Your title 'Use ASCII subset' is now at least a bit *closer* to describing what the patches are actually doing, but it's still a bit misleading because you're only doing it for *some* characters.
And the wording is still indicative of a fundamentally *misguided* motivation for doing any of this. Your commit comments should be about fixing a specific thing, nothing to do with "use ASCII subset", which is pointless in itself.
On Wed, 2021-05-12 at 14:50 +0200, Mauro Carvalho Chehab wrote:
Such conversion tools - plus some text editor like LibreOffice or similar - have a set of rules that turns some typed ASCII characters into UTF-8 alternatives, for instance converting commas into curly commas and adding non-breakable spaces. All of those are meant to produce better results when the text is displayed in HTML or PDF formats.

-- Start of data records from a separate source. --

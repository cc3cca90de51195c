-- ===== src/Graph/Pages.antt =====
-- The paginated reads of internal/transport/graph/transport.go: the loops of listCalendarEvents and
-- listAttachmentMetadataForReview. One page is a parameter, read from its URL; the URLs that are read
-- are listed in order.
pub mod Walks
use outlook_agent.Prelude.{
  Bool, List, Result, String, [], err, if◌then◌else◌, ok, suc, zero, ℕ, ◌++◌, ◌||◌, ◌∷◌,
}
use outlook_agent.Prelude.Text.{is_blank}
use outlook_agent.Url.{Parser, Url}
use outlook_agent.Graph.Links.{
  LinkError, is_allowed_attachments_next_path, is_allowed_calendar_view_next_path,
  valid_graph_next_link,
}

-- maxReviewAttachmentPages and maxCalendarViewPages
abbrev pub max_pages : ℕ
max_pages = 10

pub data PagesError : Type 0 where
  -- the error of a read
  unread : String → PagesError
  bad_link : LinkError → PagesError
  too_many : PagesError
  -- the first URL cannot be built, or the window is missing
  bad_url : String → PagesError
  no_window : PagesError

pub record Page (A : Type 0) : Type 0 where
  pub items : List A
  pub next_link : String

-- the world of the host, and the URLs read
pub record Reading (World : Type 0) : Type 0 where
  pub world : World
  pub asked : List String

module _ (parse : Parser) (base : Url) {A : Type 0} (World : Type 0)
    (get : String → World → Result String (Page A) × World) (allowed : String → Bool) where
  abbrev pub get_page : String → Reading World → Result String (Page A) × Reading World
  get_page url s =
      let (result, world) = get url s.world in
      (result, record { world = world; asked = s.asked ++ url ∷ [] })

  -- what follows a page: the end, the next page, or an error
  abbrev pub turned :
      List A
      → Reading World
      → String
      → (String → Result PagesError (List A) × Reading World)
      → Result PagesError (List A) × Reading World
  turned items s link next =
      if is_blank link
      then (ok items, s)
      else elim (valid_graph_next_link parse base allowed link) [
        | ok url ↦ next url
        | err e ↦ (err (bad_link e), s)
      ]

  abbrev pub page_read :
      (String → List A → Reading World → Result PagesError (List A) × Reading World)
      → List A
      → Result String (Page A) × Reading World
      → Result PagesError (List A) × Reading World
  page_read next items (err message, s) = (err (unread message), s)
  page_read next items (ok page, s) =
      turned (items ++ page.items) s page.next_link (λ url. next url (items ++ page.items) s)

  -- the loop, with so many pages left
  unfoldable pub read_pages :
      ℕ → String → List A → Reading World → Result PagesError (List A) × Reading World
  read_pages zero url items s = (err too_many, s)
  read_pages (suc n) url items s =
      page_read (λ url' items' s'. read_pages n url' items' s') items (get_page url s)

  -- every page, from the first URL on
  unfoldable pub read_all : String → Reading World → Result PagesError (List A) × Reading World
  unfolding read_pages
  read_all url s = read_pages max_pages url [] s

module _ (parse : Parser) (base : Url) {A : Type 0} (World : Type 0)
    (get : String → World → Result String (Page A) × World) where
  abbrev read_from :
      (String → Bool)
      → Result String String
      → Reading World
      → Result PagesError (List A) × Reading World
  read_from allowed (err message) s = (err (bad_url message), s)
  read_from allowed (ok url) s = read_all parse base World get allowed url s

  -- listCalendarEvents, with the URL that calendarViewURL makes of the window
  unfoldable pub list_calendar_events :
      (String → String → Result String String)
      → String
      → String
      → Reading World
      → Result PagesError (List A) × Reading World
  unfolding read_all is_allowed_calendar_view_next_path
  list_calendar_events view_url start finish s =
      if is_blank start || is_blank finish
      then (err no_window, s)
      else read_from is_allowed_calendar_view_next_path (view_url start finish) s

  -- listAttachmentMetadataForReview, with the URL that messageAttachmentsURL makes of the message
  unfoldable pub list_attachment_metadata_for_review :
      Result String String → Reading World → Result PagesError (List A) × Reading World
  unfolding read_all is_allowed_attachments_next_path
  list_attachment_metadata_for_review url s = read_from is_allowed_attachments_next_path url s
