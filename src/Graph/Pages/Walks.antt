-- ===== src/Graph/Pages/Walks.antt =====
-- What a paginated read reads, and what it returns.
use outlook_agent.Prelude.{
  ap, arith, Bool, Bool-cases, List, Option, Result, Result-cases, String, [], err, false, inl, inr,
  length, none, ok, refl, some, suc, true, zero, ℕ, ◌++◌, ◌∙◌, ◌∷◌, ◌≡◌, ◌≤◌,
}
use mathlib.Core.List.{append_assoc}
use outlook_agent.Prelude.Text.{is_blank}
use outlook_agent.Url.{Parser, Url}
use outlook_agent.Graph.Links.{IsHome, LinkError, valid_graph_next_link, valid_next_link-IsHome}
use outlook_agent.Graph.Pages.{
  Page, PagesError, Reading, get_page, max_pages, page_read, read_all, read_pages, too_many, turned,
}

-- the items of a page in front of those of the later ones, if all of them were read
abbrev pub in_front {ℓ} : {A : Type ℓ} → List A → Option (List A) → Option (List A)
in_front xs none = none
in_front xs (some ys) = some (xs ++ ys)

abbrev pub got {ℓ κ} : {E : Type ℓ} → {A : Type κ} → Result E A → Option A
got (ok a) = some a
got (err e) = none

in_front-append {ℓ} :
    {A : Type ℓ} (xs ys : List A) (o : Option (List A))
    → in_front (xs ++ ys) o ≡ in_front xs (in_front ys o)
in_front-append xs ys none = refl
in_front-append xs ys (some zs) = ap some (append_assoc xs ys zs)

module _ (parse : Parser) (base : Url) {A : Type 0} (World : Type 0)
    (get : String → World → Result String (Page A) × World) (allowed : String → Bool) where
  -- At most so many pages, read one after the other from a URL and a world on: the URLs that are
  -- read, the world after them, and the items, if the last page names no next one.
  pub data Walk : ℕ → String → World → List String → World → Option (List A) → Type 0 where
    unread :
        (n : ℕ) (url message : String) (w : World)
        → (get url w).0 ≡ err message
        → Walk (suc n) url w (url ∷ []) (get url w).1 none
    ended :
        (n : ℕ) (url : String) (w : World) (page : Page A)
        → (get url w).0 ≡ ok page
        → is_blank page.next_link ≡ true
        → Walk (suc n) url w (url ∷ []) (get url w).1 (some page.items)
    barred :
        (n : ℕ) (url : String) (w : World) (page : Page A) (e : LinkError)
        → (get url w).0 ≡ ok page
        → is_blank page.next_link ≡ false
        → valid_graph_next_link parse base allowed page.next_link ≡ err e
        → Walk (suc n) url w (url ∷ []) (get url w).1 none
    cut :
        (url next : String) (w : World) (page : Page A)
        → (get url w).0 ≡ ok page
        → is_blank page.next_link ≡ false
        → IsHome parse base allowed page.next_link next
        → Walk 1 url w (url ∷ []) (get url w).1 none
    turn :
        {n : ℕ} {rest : List String} {v : World} {o : Option (List A)} (url next : String)
        (w : World) (page : Page A)
        → (get url w).0 ≡ ok page
        → is_blank page.next_link ≡ false
        → IsHome parse base allowed page.next_link next
        → Walk n next (get url w).1 rest v o
        → Walk (suc n) url w (url ∷ rest) v (in_front page.items o)

  abbrev Outcome : Type 0
  Outcome = Result PagesError (List A) × Reading World

  -- a walk of at most so many pages was read, and its items are returned behind the ones before
  abbrev pub Reads : ℕ → String → List A → Reading World → Outcome → Type 0
  Reads n first items s p =
      (asked : List String) × (o : Option (List A)) × (p.1.asked ≡ s.asked ++ asked)
      × (length asked ≤ n)
      × Walk n first s.world asked p.1.world o
      × (got p.0 ≡ in_front items o)

  -- what is left of the loop when it goes on to a URL
  abbrev GoesOn : ℕ → String → List A → Reading World → Outcome → Type 0
  GoesOn zero url items s p = p ≡ (err too_many, s)
  GoesOn (suc n) url items s p = Reads (suc n) url items s p

  followed :
      (n : ℕ) (url next : String) (items : List A) (s : Reading World) (page : Page A) (p : Outcome)
      → (get url s.world).0 ≡ ok page
      → is_blank page.next_link ≡ false
      → IsHome parse base allowed page.next_link next
      → GoesOn n next (items ++ page.items) (get_page parse base World get allowed url s).1 p
      → Reads (suc n) url items s p
  followed zero url next items s page p read link home same =
      rw same (url ∷ [], none, refl, omega arith, cut url next s.world page read link home, refl)
  followed (suc n) url next items s page p read link home (asked, o, e, le, walk, g) = (
    url ∷ asked,
    in_front page.items o,
    e ∙ append_assoc s.asked (url ∷ []) asked,
    omega (arith, le),
    turn url next s.world page read link home walk,
    g ∙ in_front-append items page.items o,
  )

  abbrev Goes : ℕ → (String → List A → Reading World → Outcome) → Type 0
  Goes n next =
      (url : String) (items : List A) (s : Reading World) → GoesOn n url items s (next url items s)

  page_turned :
      (n : ℕ) (url : String) (items : List A) (s : Reading World) (page : Page A)
      (next : String → List A → Reading World → Outcome)
      → Goes n next
      → (get url s.world).0 ≡ ok page
      → let t = (get_page parse base World get allowed url s).1 in
        let more = items ++ page.items in
        Reads
          (suc n)
          url
          items
          s
          (turned parse base World get allowed more t page.next_link (λ u. next u more t))
  page_turned n url items s page next goes read =
      let t = (get_page parse base World get allowed url s).1 in
      let more = items ++ page.items in
      elim (Bool-cases (is_blank page.next_link)) [
        | inl b ↦
            rw b
              (url ∷ [], some page.items, refl, omega arith, ended n url s.world page read b, refl)
        | inr b ↦ elim (Result-cases (valid_graph_next_link parse base allowed page.next_link)) [
          | inl (u, v) ↦
              rw (b, v)
                (followed n url u items s page (next u more t) read b
                  (valid_next_link-IsHome parse base allowed page.next_link u v) (goes u more t))
          | inr (x, v) ↦
              rw (b, v)
                (url ∷ [], none, refl, omega arith, barred n url s.world page x read b v, refl)
        ]
      ]

  page_read-Reads :
      (n : ℕ) (url : String) (items : List A) (s : Reading World)
      (next : String → List A → Reading World → Outcome)
      → Goes n next
      → Reads (suc n) url items s (
          page_read parse base World get allowed next items
            (get_page parse base World get allowed url s))
  page_read-Reads n url items s next goes = elim (Result-cases (get url s.world).0) [
    | inl (page, e) ↦ rw e (page_turned n url items s page next goes e)
    | inr (message, e) ↦
        rw e (url ∷ [], none, refl, omega arith, unread n url message s.world e, refl)
  ]

  read_pages-Reads :
      (n : ℕ) (url : String) (items : List A) (s : Reading World)
      → Reads (suc n) url items s (read_pages parse base World get allowed (suc n) url items s)
  unfolding read_pages
  read_pages-Reads zero url items s =
      page_read-Reads zero url items s (read_pages parse base World get allowed zero)
        (λ u more t. refl)
  read_pages-Reads (suc n) url items s =
      page_read-Reads (suc n) url items s (read_pages parse base World get allowed (suc n))
        (λ u more t. read_pages-Reads n u more t)

  -- A paginated read ends after at most ten pages, whatever links the pages name. It reads the first
  -- URL, and then each time the one that the next link of the page just read names, where that has
  -- no userinfo, the scheme and the host of the configured base, and a path of such pages. It
  -- returns the items of all pages, in order, if the last of them names no next one, and otherwise
  -- an error: a page that is not read, a link that is refused, or a link on the tenth page.
  pub read_all-Reads :
      (url : String) (s : Reading World)
      → Reads max_pages url [] s (read_all parse base World get allowed url s)
  unfolding read_all
  read_all-Reads url s = read_pages-Reads 9 url [] s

And don't we render our documentation into HTML or PDF formats? Are some of those non-breaking spaces not actually *useful* for their intended purpose?
While it is perfectly fine to use UTF-8 characters in Linux, and specially at the documentation, it is better to stick to the ASCII subset on such particular case, due to a couple of reasons:
- it makes life easier for tools like grep;
Barely, as noted, because of things like line feeds.
- they easier to edit with the some commonly used text/source code editors.
That is nonsense. Any but the most broken and/or anachronistic environments and editors will be just fine.